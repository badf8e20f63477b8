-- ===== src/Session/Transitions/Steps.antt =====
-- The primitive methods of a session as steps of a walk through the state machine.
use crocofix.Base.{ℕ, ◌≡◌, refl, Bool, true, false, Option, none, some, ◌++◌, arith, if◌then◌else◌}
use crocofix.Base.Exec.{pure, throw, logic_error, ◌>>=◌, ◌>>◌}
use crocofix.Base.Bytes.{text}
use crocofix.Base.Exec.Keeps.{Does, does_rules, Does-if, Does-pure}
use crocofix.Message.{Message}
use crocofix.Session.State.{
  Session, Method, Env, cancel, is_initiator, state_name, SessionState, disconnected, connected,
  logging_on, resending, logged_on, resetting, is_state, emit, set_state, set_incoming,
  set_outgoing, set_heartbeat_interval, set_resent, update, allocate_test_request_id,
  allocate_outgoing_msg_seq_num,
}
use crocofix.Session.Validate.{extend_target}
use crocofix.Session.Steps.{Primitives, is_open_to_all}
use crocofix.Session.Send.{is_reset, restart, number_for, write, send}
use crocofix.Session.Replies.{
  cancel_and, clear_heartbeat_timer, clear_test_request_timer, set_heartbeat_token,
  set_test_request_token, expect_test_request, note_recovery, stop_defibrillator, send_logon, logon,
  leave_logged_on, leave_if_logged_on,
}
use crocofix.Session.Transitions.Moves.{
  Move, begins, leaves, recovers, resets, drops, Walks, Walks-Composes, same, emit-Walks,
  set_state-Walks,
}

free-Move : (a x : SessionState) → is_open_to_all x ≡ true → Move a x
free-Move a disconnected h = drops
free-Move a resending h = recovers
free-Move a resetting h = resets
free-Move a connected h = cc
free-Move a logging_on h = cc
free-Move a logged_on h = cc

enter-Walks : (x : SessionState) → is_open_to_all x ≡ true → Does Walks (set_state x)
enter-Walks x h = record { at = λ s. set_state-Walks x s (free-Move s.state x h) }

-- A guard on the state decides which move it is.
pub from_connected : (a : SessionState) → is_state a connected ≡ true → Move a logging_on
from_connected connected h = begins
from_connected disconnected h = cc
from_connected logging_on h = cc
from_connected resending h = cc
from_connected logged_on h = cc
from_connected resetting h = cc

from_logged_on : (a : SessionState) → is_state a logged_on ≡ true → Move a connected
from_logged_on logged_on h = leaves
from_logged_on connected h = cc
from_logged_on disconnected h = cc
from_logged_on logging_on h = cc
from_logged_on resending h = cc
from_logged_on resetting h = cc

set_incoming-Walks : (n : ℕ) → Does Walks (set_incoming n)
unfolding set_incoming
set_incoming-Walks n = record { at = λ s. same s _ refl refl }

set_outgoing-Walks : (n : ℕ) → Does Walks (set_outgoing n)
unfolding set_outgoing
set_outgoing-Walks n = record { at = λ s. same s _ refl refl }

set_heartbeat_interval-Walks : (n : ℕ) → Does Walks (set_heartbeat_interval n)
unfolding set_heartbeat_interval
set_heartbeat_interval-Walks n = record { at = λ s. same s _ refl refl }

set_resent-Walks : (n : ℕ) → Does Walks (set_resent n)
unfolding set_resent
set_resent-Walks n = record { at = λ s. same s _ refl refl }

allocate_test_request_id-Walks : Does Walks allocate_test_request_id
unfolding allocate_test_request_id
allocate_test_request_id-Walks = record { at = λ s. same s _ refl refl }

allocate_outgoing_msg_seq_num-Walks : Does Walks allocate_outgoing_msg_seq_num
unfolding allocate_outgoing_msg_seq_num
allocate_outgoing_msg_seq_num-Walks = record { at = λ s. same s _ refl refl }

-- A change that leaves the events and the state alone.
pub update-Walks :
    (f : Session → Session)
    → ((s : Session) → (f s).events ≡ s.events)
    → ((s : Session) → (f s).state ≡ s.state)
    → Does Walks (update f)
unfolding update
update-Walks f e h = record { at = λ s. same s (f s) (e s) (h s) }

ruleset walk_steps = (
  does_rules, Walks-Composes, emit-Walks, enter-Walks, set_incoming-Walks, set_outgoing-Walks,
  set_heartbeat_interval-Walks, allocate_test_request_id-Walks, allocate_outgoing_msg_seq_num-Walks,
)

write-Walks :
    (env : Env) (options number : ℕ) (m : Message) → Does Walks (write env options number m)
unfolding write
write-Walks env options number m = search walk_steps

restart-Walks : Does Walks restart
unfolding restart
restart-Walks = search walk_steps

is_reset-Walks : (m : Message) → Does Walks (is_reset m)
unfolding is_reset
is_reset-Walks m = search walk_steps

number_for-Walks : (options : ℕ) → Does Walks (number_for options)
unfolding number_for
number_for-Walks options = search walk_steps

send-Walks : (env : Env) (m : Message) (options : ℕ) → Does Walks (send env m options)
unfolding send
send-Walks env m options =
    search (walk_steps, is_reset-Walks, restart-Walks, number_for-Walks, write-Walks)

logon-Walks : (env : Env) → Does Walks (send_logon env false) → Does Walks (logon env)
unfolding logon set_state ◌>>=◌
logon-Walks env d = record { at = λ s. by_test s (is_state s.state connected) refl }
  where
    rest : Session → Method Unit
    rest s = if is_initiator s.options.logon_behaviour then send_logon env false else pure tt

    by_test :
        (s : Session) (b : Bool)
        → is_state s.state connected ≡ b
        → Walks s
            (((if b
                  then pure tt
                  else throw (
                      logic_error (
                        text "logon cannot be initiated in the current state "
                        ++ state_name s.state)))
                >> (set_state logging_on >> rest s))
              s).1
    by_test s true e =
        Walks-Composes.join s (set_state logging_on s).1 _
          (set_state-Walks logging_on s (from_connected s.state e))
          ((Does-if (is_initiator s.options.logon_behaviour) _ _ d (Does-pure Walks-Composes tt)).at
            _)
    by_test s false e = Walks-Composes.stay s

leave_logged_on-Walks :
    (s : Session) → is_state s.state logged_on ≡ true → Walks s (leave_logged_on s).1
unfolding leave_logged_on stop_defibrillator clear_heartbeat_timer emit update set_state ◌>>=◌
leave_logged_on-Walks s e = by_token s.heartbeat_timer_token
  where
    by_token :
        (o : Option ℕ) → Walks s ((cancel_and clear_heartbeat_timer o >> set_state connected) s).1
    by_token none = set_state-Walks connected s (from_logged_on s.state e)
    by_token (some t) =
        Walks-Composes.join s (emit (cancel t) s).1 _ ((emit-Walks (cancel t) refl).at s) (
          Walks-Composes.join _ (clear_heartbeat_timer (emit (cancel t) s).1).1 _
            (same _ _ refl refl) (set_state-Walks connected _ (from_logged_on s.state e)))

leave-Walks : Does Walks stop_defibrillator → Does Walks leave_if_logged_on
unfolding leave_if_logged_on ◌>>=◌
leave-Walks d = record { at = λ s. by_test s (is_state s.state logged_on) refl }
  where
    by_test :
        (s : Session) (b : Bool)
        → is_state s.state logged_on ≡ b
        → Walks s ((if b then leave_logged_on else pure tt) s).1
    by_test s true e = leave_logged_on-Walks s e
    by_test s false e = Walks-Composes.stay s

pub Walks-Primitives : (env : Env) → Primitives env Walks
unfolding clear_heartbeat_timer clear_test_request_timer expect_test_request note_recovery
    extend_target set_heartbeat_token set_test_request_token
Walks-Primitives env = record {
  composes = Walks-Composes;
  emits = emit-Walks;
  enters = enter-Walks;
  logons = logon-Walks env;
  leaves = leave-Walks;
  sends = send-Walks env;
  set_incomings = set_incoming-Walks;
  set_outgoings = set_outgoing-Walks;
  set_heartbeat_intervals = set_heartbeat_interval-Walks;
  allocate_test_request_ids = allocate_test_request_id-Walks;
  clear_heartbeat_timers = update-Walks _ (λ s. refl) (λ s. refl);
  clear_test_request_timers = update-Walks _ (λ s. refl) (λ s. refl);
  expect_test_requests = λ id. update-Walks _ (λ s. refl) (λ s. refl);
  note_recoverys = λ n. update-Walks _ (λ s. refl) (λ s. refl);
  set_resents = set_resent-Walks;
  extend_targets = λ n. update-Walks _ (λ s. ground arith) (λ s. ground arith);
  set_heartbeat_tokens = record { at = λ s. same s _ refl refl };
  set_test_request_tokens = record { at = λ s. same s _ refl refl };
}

-----

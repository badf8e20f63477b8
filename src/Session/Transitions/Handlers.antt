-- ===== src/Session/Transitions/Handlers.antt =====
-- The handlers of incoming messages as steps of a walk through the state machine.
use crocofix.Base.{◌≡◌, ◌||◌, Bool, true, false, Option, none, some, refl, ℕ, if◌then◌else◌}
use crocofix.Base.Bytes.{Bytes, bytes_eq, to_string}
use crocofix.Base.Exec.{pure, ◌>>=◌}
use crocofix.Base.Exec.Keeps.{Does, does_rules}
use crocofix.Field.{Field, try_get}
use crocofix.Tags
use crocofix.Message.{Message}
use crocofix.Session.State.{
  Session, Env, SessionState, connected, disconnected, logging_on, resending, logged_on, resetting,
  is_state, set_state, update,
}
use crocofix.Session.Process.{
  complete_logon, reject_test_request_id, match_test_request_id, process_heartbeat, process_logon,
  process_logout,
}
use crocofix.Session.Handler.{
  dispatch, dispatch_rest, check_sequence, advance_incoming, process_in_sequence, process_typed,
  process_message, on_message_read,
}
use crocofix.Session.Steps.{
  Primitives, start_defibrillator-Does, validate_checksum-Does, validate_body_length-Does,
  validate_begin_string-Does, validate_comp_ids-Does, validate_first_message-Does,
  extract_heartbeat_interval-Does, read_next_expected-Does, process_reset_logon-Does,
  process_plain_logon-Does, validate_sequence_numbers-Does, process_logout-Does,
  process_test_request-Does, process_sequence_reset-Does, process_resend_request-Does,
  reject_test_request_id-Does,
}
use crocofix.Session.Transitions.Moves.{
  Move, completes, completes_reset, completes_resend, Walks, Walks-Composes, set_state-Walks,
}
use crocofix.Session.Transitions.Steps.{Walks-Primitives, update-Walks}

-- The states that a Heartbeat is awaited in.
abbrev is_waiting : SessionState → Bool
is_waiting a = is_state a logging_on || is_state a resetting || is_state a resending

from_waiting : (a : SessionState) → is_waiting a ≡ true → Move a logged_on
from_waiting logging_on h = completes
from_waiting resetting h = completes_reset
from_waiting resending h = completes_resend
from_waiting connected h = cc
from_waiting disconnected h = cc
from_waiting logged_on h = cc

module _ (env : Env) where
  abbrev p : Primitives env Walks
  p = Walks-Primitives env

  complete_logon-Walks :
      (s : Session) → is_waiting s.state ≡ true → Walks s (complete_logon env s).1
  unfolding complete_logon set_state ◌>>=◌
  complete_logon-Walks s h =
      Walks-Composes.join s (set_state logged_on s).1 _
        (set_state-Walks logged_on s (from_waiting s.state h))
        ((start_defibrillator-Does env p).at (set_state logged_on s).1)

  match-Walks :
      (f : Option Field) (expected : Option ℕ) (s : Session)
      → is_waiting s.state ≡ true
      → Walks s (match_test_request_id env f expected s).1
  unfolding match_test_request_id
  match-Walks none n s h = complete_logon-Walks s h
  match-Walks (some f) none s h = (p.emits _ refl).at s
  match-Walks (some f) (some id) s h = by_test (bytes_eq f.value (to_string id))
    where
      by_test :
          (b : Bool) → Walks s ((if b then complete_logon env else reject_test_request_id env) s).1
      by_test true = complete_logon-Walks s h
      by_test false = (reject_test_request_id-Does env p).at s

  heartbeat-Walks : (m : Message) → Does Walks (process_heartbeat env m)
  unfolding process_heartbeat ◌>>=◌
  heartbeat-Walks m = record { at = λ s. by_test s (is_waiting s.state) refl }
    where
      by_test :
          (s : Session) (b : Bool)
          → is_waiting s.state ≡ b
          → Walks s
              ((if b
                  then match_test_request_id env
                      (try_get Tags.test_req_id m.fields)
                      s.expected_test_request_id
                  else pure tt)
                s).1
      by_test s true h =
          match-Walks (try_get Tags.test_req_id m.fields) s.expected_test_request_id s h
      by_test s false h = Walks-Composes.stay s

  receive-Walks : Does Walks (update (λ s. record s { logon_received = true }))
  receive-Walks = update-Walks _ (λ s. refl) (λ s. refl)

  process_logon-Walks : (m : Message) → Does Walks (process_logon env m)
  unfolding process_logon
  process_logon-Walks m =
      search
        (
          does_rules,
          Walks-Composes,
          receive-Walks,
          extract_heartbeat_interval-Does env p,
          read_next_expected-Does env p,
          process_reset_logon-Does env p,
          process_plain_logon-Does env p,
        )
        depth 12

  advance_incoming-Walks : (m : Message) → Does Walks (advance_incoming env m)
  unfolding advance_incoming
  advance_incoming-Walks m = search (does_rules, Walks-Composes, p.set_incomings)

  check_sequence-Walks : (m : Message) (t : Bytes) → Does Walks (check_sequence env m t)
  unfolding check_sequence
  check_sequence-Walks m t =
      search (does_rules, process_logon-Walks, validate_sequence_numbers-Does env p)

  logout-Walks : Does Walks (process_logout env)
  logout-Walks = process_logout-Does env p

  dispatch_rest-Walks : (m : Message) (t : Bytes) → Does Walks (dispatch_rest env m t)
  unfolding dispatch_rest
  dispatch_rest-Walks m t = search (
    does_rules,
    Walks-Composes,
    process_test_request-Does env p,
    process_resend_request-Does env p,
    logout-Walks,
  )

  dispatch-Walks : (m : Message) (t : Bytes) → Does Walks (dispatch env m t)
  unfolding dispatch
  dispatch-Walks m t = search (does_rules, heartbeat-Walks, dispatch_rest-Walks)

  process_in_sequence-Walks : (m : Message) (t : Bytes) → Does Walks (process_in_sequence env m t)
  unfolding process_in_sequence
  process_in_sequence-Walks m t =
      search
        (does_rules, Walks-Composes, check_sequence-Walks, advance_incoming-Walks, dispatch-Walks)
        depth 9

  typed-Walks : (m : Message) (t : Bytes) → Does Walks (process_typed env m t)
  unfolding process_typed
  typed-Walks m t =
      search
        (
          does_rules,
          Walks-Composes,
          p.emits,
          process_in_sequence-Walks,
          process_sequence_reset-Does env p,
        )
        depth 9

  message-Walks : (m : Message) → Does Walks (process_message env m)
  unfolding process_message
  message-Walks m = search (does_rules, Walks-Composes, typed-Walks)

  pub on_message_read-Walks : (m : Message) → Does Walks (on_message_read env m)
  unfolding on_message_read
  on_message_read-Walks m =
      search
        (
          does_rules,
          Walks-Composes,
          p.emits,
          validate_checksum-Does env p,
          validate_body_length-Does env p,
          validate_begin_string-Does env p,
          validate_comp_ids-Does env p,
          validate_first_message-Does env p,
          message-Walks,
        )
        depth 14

-----

| What to work on |
Find each line in the records that contains the string "abbrev", then say how many there are and nothing else.

| Response |
2